(Stored items)
################

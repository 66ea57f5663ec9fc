-- ===== src/Server/Containers/Handlers/Conflict.antt =====
-- internal/server/containers.go: create does not give a name twice.
use docker_in_kubernetes.Prelude.{
  ℕ, ◌+◌, ◌≤◌, true, false, [], ◌∷◌, ◌≡◌, ◌≢◌, refl, sym, ap, ◌∙◌, inl, inr, Bool-cases, arith,
  Text, Text-cases, Dict, ◌==◌,
}
use docker_in_kubernetes.K8s.{Outcome-cases}
use docker_in_kubernetes.Podspec.Build.{CreateRequest, BuildInput, build}
use docker_in_kubernetes.Podspec.Ports.{Result-cases}
use docker_in_kubernetes.Server.Containers.{allocate_host_ports}
use docker_in_kubernetes.Server.Containers.Handlers.{Daemon, Context, claim, create, new_entry}
use docker_in_kubernetes.Server.Pending.{
  Signal, PendingContainer, PendingStore, reserve, reap, reap_loop, is_expired, is_free,
  mark_failed, signal_at, err_pending_expired, new_signal,
}
use docker_in_kubernetes.Server.Pending.Reserved.{reserve_holds}

-- Which entries are reaped, and so what is reserved, does not depend on the signals.
reap_loop-signals :
    (now ttl : ℕ) (m : Dict PendingContainer) (f g : ℕ → Signal)
    → (reap_loop now ttl m f).0 ≡ (reap_loop now ttl m g).0
unfolding reap_loop
reap_loop-signals now ttl [] f g = refl
reap_loop-signals now ttl ((id, p) ∷ m) f g = ground (
  arith,
  reap_loop-signals now ttl m f g,
  reap_loop-signals now ttl m (signal_at p.signal (mark_failed err_pending_expired) f)
      (signal_at p.signal (mark_failed err_pending_expired) g),
)

reserve-signals :
    (now : ℕ) (p : PendingContainer) (name : Text) (s : PendingStore) (g : ℕ → Signal)
    → (reserve now p name (record s { signals = g })).1 ≡ (reserve now p name s).1
unfolding reserve reap
reserve-signals now p name s g =
    let same : (reap now (record s { signals = g })).m ≡ (reap now s).m =
      ground (arith, reap_loop-signals now s.ttl s.m g s.signals, Bool-cases (s.ttl == 0)) in
    let free = ap (is_free p name) same in
    ground (arith, free, Bool-cases (is_free p name (reap now s).m))

module _ {ℓ} {S : Type ℓ} (context : Context S) where
  claim-created :
      (now : ℕ) (entry : PendingContainer) (d : Daemon S)
      → (claim context now entry d).1.status ≡ 201
      → ((reserve now entry entry.docker_name d.pending).1 ≡ true)
        × ((claim context now entry d).0.pending
            ≡ (reserve now entry entry.docker_name d.pending).0)
  unfolding claim
  claim-created now entry d h =
      elim (Bool-cases (reserve now entry entry.docker_name d.pending).1) [
        | inr r ↦ ground (arith, r)
        | inl r ↦ elim (Outcome-cases (context.pods.get d.cluster entry.spec.name)) [
          | inl (pod, g) ↦ ground (arith, r, g)
          | inr (e, g) ↦ (r, ground (arith, r, g))
        ]
      ]

  -- What a create that replied 201 has reserved.
  create-created :
      (now signal : ℕ) (suffix : Text) (request : CreateRequest) (name : Text) (d : Daemon S)
      → (create context now signal suffix request name d).1.status ≡ 201
      → (entry : PendingContainer) × (signals : ℕ → Signal) × (entry.docker_name ≡ name)
        × (entry.created_at ≡ now)
        × ((reserve now entry entry.docker_name (record d.pending { signals = signals })).1 ≡ true)
        × ((create context now signal suffix request name d).0.pending
            ≡ (reserve now entry entry.docker_name (record d.pending { signals = signals })).0)
  unfolding create
  create-created now signal suffix request name d h =
      let input : BuildInput = record {
        namespace = context.namespace;
        docker_name = name;
        project = [];
        now = now;
        request = request;
        suffix = suffix;
      } in
      elim (Text-cases request.image) [
        | inl i ↦ ground (arith, i)
        | inr (c, cs, i) ↦ elim (Result-cases (build context.codec input)) [
          | inr (e, b) ↦ ground (arith, i, b)
          | inl (built, b) ↦
              elim (Result-cases (allocate_host_ports context.listen [] built.port_mappings)) [
                | inr (e, a) ↦ ground (arith, i, b, a)
                | inl (mappings, a) ↦
                    let entry = new_entry context now signal name built mappings in
                    let signals = signal_at signal (λ g. new_signal) d.pending.signals in
                    let d' = record d { pending = record d.pending { signals = signals } } in
                    let t : create context now signal suffix request name d
                        ≡ claim context now entry d' =
                      ground (arith, i, b, a) in
                    let (reserved, pending) =
                      claim-created now entry d' (ap (λ x. x.1.status) (sym t) ∙ h) in
                    (entry, signals, refl, refl, reserved, ap (λ x. x.0.pending) t ∙ pending)
              ]
        ]
      ]

  -- A name is not given twice: while the first container has neither been started nor expired, a create
  -- with its --name, on the state that the first left, does not succeed.
  pub create_twice_named :
      (now signal later signal' : ℕ) (suffix suffix' : Text) (request request' : CreateRequest)
      (c : ℕ) (name : Text) (d : Daemon S)
      → (create context now signal suffix request (c ∷ name) d).1.status ≡ 201
      → later ≤ now + d.pending.ttl
      → (create context later signal' suffix' request'
          (c ∷ name)
          (create context now signal suffix request (c ∷ name) d).0).1.status
        ≢ 201
  create_twice_named now signal later signal' suffix suffix' request request' c name d h t again =
      let first = (create context now signal suffix request (c ∷ name) d).0 in
      let (p, f, p_name, p_created, p_reserved, p_pending) =
        create-created now signal suffix request (c ∷ name) d h in
      let (q, g, q_name, q_created, q_reserved, q_pending) =
        create-created later signal' suffix' request' (c ∷ name) first again in
      let fresh : is_expired later d.pending.ttl p ≡ false = ground (arith, p_created) in
      let named : p.docker_name ≢ [] = λ e. ground (arith, p_name, e) in
      let refused =
        (reserve_holds now later p q (record d.pending { signals = f }) p_reserved fresh
          (inr (named, q_name ∙ sym p_name))).1 in
      let same = reserve-signals later q q.docker_name first.pending g in
      let moved = ap (λ s. (reserve later q q.docker_name s).1) p_pending in
      ground (arith, q_reserved, refused, same, moved)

################

▶ WHAT THE EXERCISE ASKS: Please make an exact copy of the lines above from the line with "context later signal' suffix' request'" through the line with "let first = (create", both ends included.

▶ SOLUTION BELOW:
      → (create context later signal' suffix' request'
          (c ∷ name)
          (create context now signal suffix request (c ∷ name) d).0).1.status
        ≢ 201
  create_twice_named now signal later signal' suffix suffix' request request' c name d h t again =
      let first = (create context now signal suffix request (c ∷ name) d).0 in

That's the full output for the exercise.